どの報告も、“問題は想定内”と記されている。
だが、実態は違う。
遅延。
不足。
現場からの不満。
「……以前は、こんなことはなかったはずだ」
記憶を辿る。
自分が細部まで把握していたかと言われれば、そうではない。
だが、少なくとも「回っていた」。
今は、回っていない。
「殿下」
執務補佐官が、慎重な声で告げる。
「辺境伯領から、定期報告が届いております」
「また赤字か?」
「いえ……逆です」
差し出された書類に、エドワルドは眉をひそめた。
「改善……?」
ページを捲るごとに、表情が変わる。
収支の安定。
不正の是正。
用水路補修による生産性向上。
「……同じ王国の中とは思えないな」
隣にいた官僚が、苦々しく言った。
「作成者は?」
何気なく尋ねた問いに、返ってきた答えが、空気を変えた。
「……元殿下婚約者殿です」
一瞬、理解できなかった。
「……誰だ?」
官僚は、言い直す。
「婚約破棄された、あの令嬢です」
エドワルドの手が、止まった。
胸の奥で、何かが音を立てた気がした。
「あり得ない」
それが、最初の言葉だった。
「あの女は、実務に向かない。
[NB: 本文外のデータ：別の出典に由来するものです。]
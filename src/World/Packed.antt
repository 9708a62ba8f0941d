-- ===== src/World/Packed.antt =====
-- `extract_packed` and `calculate_bits_per_block` of crates/mc-world/src/chunk.rs. `none` is a panic.
pub mod Window
pub mod Extract
pub mod Width
use pico_server_rs.Base.{
  ℕ, zero, suc, ◌+◌, ◌-◌, ◌*◌, ◌/◌, ◌%◌, ◌^◌, List, Bool, true, false, Option, none, some, ltb, leb,
  ◌==◌, if◌then◌else◌, get_elem?, bit_and, bit_or, unwrap_or,
}

-- `1u64 << bits`: a shift by 64 or more goes by its remainder.
abbrev pub one_shifted : ℕ → ℕ
one_shifted bits = 2 ^ (bits % 64)

-- `x << k` on a u64.
abbrev pub shift_left : ℕ → ℕ → ℕ
shift_left x k = x * 2 ^ (k % 64) % 2 ^ 64

-- The two branches of `extract_packed` behind the read of the first word. `next` is the word
-- behind it.
abbrev pub from_words : ℕ → ℕ → ℕ → Option ℕ → ℕ
from_words bits shift low next =
    let value = low / 2 ^ shift in
    let mask = one_shifted bits - 1 in
    if ltb 64 (shift + bits)
    then bit_and (bit_or value (shift_left (unwrap_or 0 next) (64 - shift))) mask
    else bit_and value mask

-- `data[long_idx]`, which panics out of bounds, and what follows it.
abbrev pub with_word : ℕ → ℕ → Option ℕ → Option ℕ → Option ℕ
with_word bits shift next none = none
with_word bits shift next (some low) = some (from_words bits shift low next)

-- `extract_packed` behind the computation of `bit_offset`.
abbrev pub extract_at : List ℕ → ℕ → ℕ → Option ℕ
extract_at words bits bit_offset =
    let long_idx = bit_offset / 64 in
    with_word bits (bit_offset % 64) (get_elem? words (suc long_idx)) (get_elem? words long_idx)

-- `extract_packed`. The words and the result are bit patterns.
unfoldable pub extract_packed : List ℕ → ℕ → ℕ → Option ℕ
extract_packed words bits index =
    if bits == 0 then some 0 else extract_at words bits (index * bits % 2 ^ 64)

-- `while (1u64 << bits) < palette_size { bits += 1 }`, on fuel.
unfoldable pub grow_bits : ℕ → ℕ → ℕ → ℕ
grow_bits zero size bits = bits
grow_bits (suc fuel) size bits =
    let more = grow_bits fuel size (suc bits) in if ltb (one_shifted bits) size then more else bits

-- `bits.min(16)`
abbrev pub at_most_16 : ℕ → ℕ
at_most_16 bits = if ltb 16 bits then 16 else bits

-- `calculate_bits_per_block`. A size is below 2 ^ 63, so the loop stops at 63 at the latest.
unfoldable pub calculate_bits_per_block : ℕ → ℕ
unfolding grow_bits
calculate_bits_per_block palette_size =
    if leb palette_size 1 then 0 else at_most_16 (grow_bits 60 palette_size 4)
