-- ===== src/World/Section.antt =====
-- A section of a chunk and its blocks, crates/mc-world/src/chunk.rs. `none` is a panic.
pub mod Cells
pub mod Iterate
use pico_server_rs.Base.{
  unwrap_or, ℕ, zero, suc, ◌+◌, ◌-◌, ◌*◌, ◌/◌, ◌%◌, ◌^◌, List, [], ◌∷◌, Bool, true, false, Option,
  none, some, ◌==◌, ◌||◌, leb, ltb, length, get_elem?, if◌then◌else◌, and_then, bit_and,
}
use mathlib.Core.Bool.{not}
use pico_server_rs.Base.Words.{Bytes}
use pico_server_rs.World.Packed.{extract_packed}
use pico_server_rs.World.Text.{same_text, air}

-- `BlockState`.
pub record BlockState : Type 0 where
  pub name : Bytes
  pub properties : List (Bytes × Bytes)

-- `ChunkSection`. `y` is the bit pattern of an i8, a word that of an i64.
pub record ChunkSection : Type 0 where
  pub y : ℕ
  pub palette : List BlockState
  pub block_data : List ℕ
  pub bits_per_block : ℕ
  pub biome_palette : List Bytes
  pub biome_data : List ℕ

-- `AIR`, the block of an index that the palette does not have.
abbrev pub no_block : BlockState
no_block = record { name = []; properties = [] }

abbrev pub blocks_per_section : ℕ
blocks_per_section = 4096

-- `ChunkSection::palette_index`.
unfoldable pub palette_index : ChunkSection → ℕ → ℕ → ℕ → Option ℕ
palette_index section x y z =
    if section.bits_per_block == 0 || leb (length section.palette) 1
    then some 0
    else extract_packed section.block_data section.bits_per_block (y * 256 + z * 16 + x)

-- `ChunkSection::get_block`.
unfoldable pub get_block : ChunkSection → ℕ → ℕ → ℕ → Option BlockState
unfolding palette_index
get_block section x y z =
    and_then (palette_index section x y z)
      (λ idx. some (unwrap_or no_block (get_elem? section.palette idx)))

-- `ChunkSection::get_block_name`.
unfoldable pub get_block_name : ChunkSection → ℕ → ℕ → ℕ → Option Bytes
unfolding get_block
get_block_name section x y z = and_then (get_block section x y z) (λ block. some block.name)

abbrev pub is_empty {ℓ} : {A : Type ℓ} → List A → Bool
is_empty [] = true
is_empty (a ∷ rest) = false

-- `ChunkSection::get_biome`. The outer option is the panic.
unfoldable pub get_biome : ChunkSection → ℕ → ℕ → ℕ → Option (Option Bytes)
get_biome section x y z =
    if is_empty section.biome_palette || is_empty section.biome_data
    then some none
    else and_then (extract_packed section.biome_data 4 (z / 4 * 4 + x / 4))
        (λ idx. some (get_elem? section.biome_palette idx))

-- What `BlockIter::next` returns: the position in the section and the block.
pub record Placed : Type 0 where
  pub x : ℕ
  pub y : ℕ
  pub z : ℕ
  pub state : BlockState

-- `BlockIter::next`, on the section and the index: the item, and the index behind it. The fuel is
-- the number of blocks that the loop has left.
unfoldable pub next_from : ChunkSection → ℕ → ℕ → Option (Option Placed × ℕ)
unfolding get_block
next_from section zero index = some (none, index)
next_from section (suc fuel) index =
    let rest = next_from section fuel (suc index) in
    let x = bit_and index 15 in
    let z = bit_and (index / 2 ^ 4) 15 in
    let y = bit_and (index / 2 ^ 8) 15 in
    and_then (get_block section x y z) (λ block.
      if not (same_text block.name air)
      then some (some (record { x = x; y = y; z = z; state = block }), suc index)
      else rest)

-- `BlockIter::next`.
unfoldable pub next_block : ChunkSection → ℕ → Option (Option Placed × ℕ)
unfolding next_from
next_block section index = next_from section (blocks_per_section - index) index
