-- ===== src/World/Chunk.antt =====
-- A chunk and its parser, crates/mc-world/src/chunk.rs. Numbers are bit patterns.
pub mod Parse
mod Examples
pub mod Coordinates
pub mod Parsed
pub mod Shifted
pub mod Iterate
use pico_server_rs.Base.{
  ℕ, zero, suc, ◌+◌, ◌-◌, ◌*◌, ◌/◌, ◌%◌, ◌^◌, List, [], ◌∷◌, Bool, true, false, Option, none, some,
  ◌==◌, ◌||◌, leb, ltb, length, get_elem?, if◌then◌else◌, and_then, bit_and, unwrap_or,
}
use pico_server_rs.Base.Words.{Bytes, add_i32}
use pico_server_rs.World.Text.{same_text, air, motion_blocking, world_surface}
use pico_server_rs.World.Nbt.{NbtEntries}
use pico_server_rs.World.Packed.{extract_packed}
use pico_server_rs.World.Section.{BlockState, ChunkSection, Placed, get_block_name, next_block}

-- `BlockEntity`.
pub record BlockEntity : Type 0 where
  pub x : ℕ
  pub y : ℕ
  pub z : ℕ
  pub id : Bytes
  pub fields : NbtEntries

-- `Chunk`.
pub record Chunk : Type 0 where
  pub x : ℕ
  pub z : ℕ
  pub data_version : ℕ
  pub status : Bytes
  pub sections : List ChunkSection
  pub block_entities : List BlockEntity
  pub heightmaps : List (Bytes × List ℕ)
  pub min_y : ℕ

-- `v as i32` for an i8.
abbrev pub i8_as_i32 : ℕ → ℕ
i8_as_i32 v = if ltb v 128 then v else v + (2 ^ 32 - 2 ^ 8)

-- `v * 16` on an i32.
abbrev pub times_16 : ℕ → ℕ
times_16 v = v * 16 % 2 ^ 32

-- `v >> 4` on an i32: the shift of a negative pattern fills with ones.
abbrev pub floor_16 : ℕ → ℕ
floor_16 v = if ltb v (2 ^ 31) then v / 16 else v / 16 + (2 ^ 32 - 2 ^ 28)

abbrev pub with_y : ℕ → List ChunkSection → Option ChunkSection
with_y section_y [] = none
with_y section_y (s ∷ sections) = if s.y == section_y then some s else with_y section_y sections

-- `Chunk::get_section`.
unfoldable pub get_section : Chunk → ℕ → Option ChunkSection
get_section chunk section_y = with_y section_y chunk.sections

abbrev pub name_in : Option ChunkSection → ℕ → ℕ → ℕ → Option Bytes
name_in none x y z = some air
name_in (some section) x y z = get_block_name section x y z

-- `Chunk::get_block`. `none` is a panic.
unfoldable pub get_block : Chunk → ℕ → ℕ → ℕ → Option Bytes
unfolding get_section
get_block chunk world_x world_y world_z =
    let local_x = bit_and world_x 15 in
    let local_z = bit_and world_z 15 in
    let section_y = floor_16 world_y % 2 ^ 8 in
    let local_y = bit_and world_y 15 in
    name_in (get_section chunk section_y) local_x local_y local_z

abbrev is_surface : Bytes → Bool
is_surface k = same_text k motion_blocking || same_text k world_surface

abbrev surface : List (Bytes × List ℕ) → Option (List ℕ)
surface [] = none
surface ((k, words) ∷ maps) = if is_surface k then some words else surface maps

abbrev first : List (Bytes × List ℕ) → Option (List ℕ)
first [] = none
first ((k, words) ∷ maps) = some words

abbrev or_else {ℓ} : {A : Type ℓ} → Option A → Option A → Option A
or_else none b = b
or_else (some a) b = some a

-- `Chunk::get_top_y`. The outer option is the panic.
unfoldable pub get_top_y : Chunk → ℕ → ℕ → Option (Option ℕ)
get_top_y chunk local_x local_z =
    elim (or_else (surface chunk.heightmaps) (first chunk.heightmaps)) [
      | none ↦ some none
      | some words ↦
          and_then (extract_packed words 9 (local_z * 16 + local_x)) (λ v. some (some (v % 2 ^ 32)))
    ]

-- What `ChunkBlockIter::next` returns, and what it keeps: `section_idx`, and `block_iter` as the
-- section and the index of that iterator.
pub record WorldBlock : Type 0 where
  pub world_x : ℕ
  pub world_y : ℕ
  pub world_z : ℕ
  pub state : BlockState

pub record ChunkBlockIter : Type 0 where
  pub section_idx : ℕ
  pub block_iter : Option (ChunkSection × ℕ)

-- `Chunk::iter_blocks`.
abbrev pub iter_blocks : ChunkBlockIter
iter_blocks = record { section_idx = 0; block_iter = none }

-- The item that is made of a block of the section iterator. `none` is the panic of the index.
unfoldable pub place : Chunk → ℕ → Placed → Option WorldBlock
place chunk section_idx p = and_then (get_elem? chunk.sections section_idx) λ section.
    some (record {
      world_x = add_i32 (times_16 chunk.x) p.x;
      world_y = add_i32 (times_16 (i8_as_i32 section.y)) p.y;
      world_z = add_i32 (times_16 chunk.z) p.z;
      state = p.state;
    })

-- An item of the section iterator, and that iterator behind it.
abbrev pub keep :
    ChunkSection → Option Placed × ℕ → Option (Option Placed × Option (ChunkSection × ℕ))
keep section (found, after) = some (found, some (section, after))

-- What the section iterator has, where there is one.
abbrev pub advance_blocks :
    Option (ChunkSection × ℕ) → Option (Option Placed × Option (ChunkSection × ℕ))
advance_blocks none = some (none, none)
advance_blocks (some (section, index)) = and_then (next_block section index) (keep section)

-- The move to the next section, where there is one. `more` is the next round of the loop.
abbrev pub enter :
    (ChunkBlockIter → Option (Option WorldBlock × ChunkBlockIter))
    → ℕ
    → Option (ChunkSection × ℕ)
    → Option ChunkSection
    → Option (Option WorldBlock × ChunkBlockIter)
enter more idx block_iter none = some (none, record { section_idx = idx; block_iter = block_iter })
enter more idx block_iter (some section) =
    more (record { section_idx = suc idx; block_iter = some (section, 0) })

-- A round of the loop behind the call of the section iterator.
unfoldable pub round :
    (ChunkBlockIter → Option (Option WorldBlock × ChunkBlockIter))
    → Chunk
    → ℕ
    → Option Placed × Option (ChunkSection × ℕ)
    → Option (Option WorldBlock × ChunkBlockIter)
unfolding place
round more chunk idx (some p, block_iter) =
    and_then (place chunk idx p)
      λ item. some (some item, record { section_idx = idx; block_iter = block_iter })
round more chunk idx (none, block_iter) = enter more idx block_iter (get_elem? chunk.sections idx)

-- `ChunkBlockIter::next`, on fuel: a round for each section that is left, and one more.
unfoldable pub next_from : ℕ → Chunk → ChunkBlockIter → Option (Option WorldBlock × ChunkBlockIter)
unfolding round
next_from zero chunk it = none
next_from (suc fuel) chunk it =
    and_then (advance_blocks it.block_iter) (round (next_from fuel chunk) chunk it.section_idx)

-- `ChunkBlockIter::next`.
unfoldable pub next_world_block :
    Chunk → ChunkBlockIter → Option (Option WorldBlock × ChunkBlockIter)
unfolding next_from
next_world_block chunk it = next_from (length chunk.sections - it.section_idx + 1) chunk it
だから、切った」
それは、事実のはずだった。
派手な魔法もない。
戦力にもならない。
王都で評価される要素が、何一つなかった。
「……だが」
官僚が、言葉を濁す。
「数字は、正確です。誤魔化しようがない」
エドワルドは、報告書を睨みつける。
感情が入っていない。
言い訳も、誇張もない。
ただ――
回っている現実が書かれている。
「……なぜ、辺境で」
誰に向けた言葉でもなかった。
彼女を追いやったのは、自分だ。
不要だと判断したのも、自分。
それなのに。
「殿下」
補佐官が、さらに一枚の書類を差し出す。
「こちらは、今月の王都側の遅延報告です」
物流の停滞。
徴税のズレ。
調査中、の文字。
「……原因は?」
「特定できておりません」
エドワルドは、ゆっくりと背もたれに身を預けた。
胸の奥で、嫌な予感が広がる。
――もしかして。
彼女が整えていたのは、
「目立たないが、止まれば困る部分」だったのではないか。
それを、
価値がないと切り捨てたのではないか。
「聖女殿は?」
話題を変えるように、彼は尋ねた。
「神殿にて、祈祷中です」
「成果は?」
「……儀式は成功しております」
曖昧な答え。
奇跡は起きている。
だが、現場は改善していない。
それは、違う分野の話だからだ。
エドワルドは、気づいてしまった。
王国を動かすのは、
奇跡だけではない。
数字。
仕組み。
積み重ね。
それを、彼女は担っていた。
気づいたときには、
歯車は、すでに欠けていた。
その夜、エドワルドは一人、書斎に残った。
ふと、昔の記憶が蘇る。
「……この記録、少しおかしいと思います」
淡々と、そう告げた彼女の声。
当時は、
「細かすぎる」
「些末なこと」
と、聞き流した。
今なら分かる。
それは、警告だった。
「……判断を、誤ったか」
その言葉は、独り言だった。
後悔ではない。
まだ、そう呼ぶには早い。
だが――
違和感は、確かに芽吹いていた。
失ったものの正体に、
ようやく、触れ始めただけ。
王都の歯車は、今日も回っている。
だが、その音は――
どこか、不揃いだった。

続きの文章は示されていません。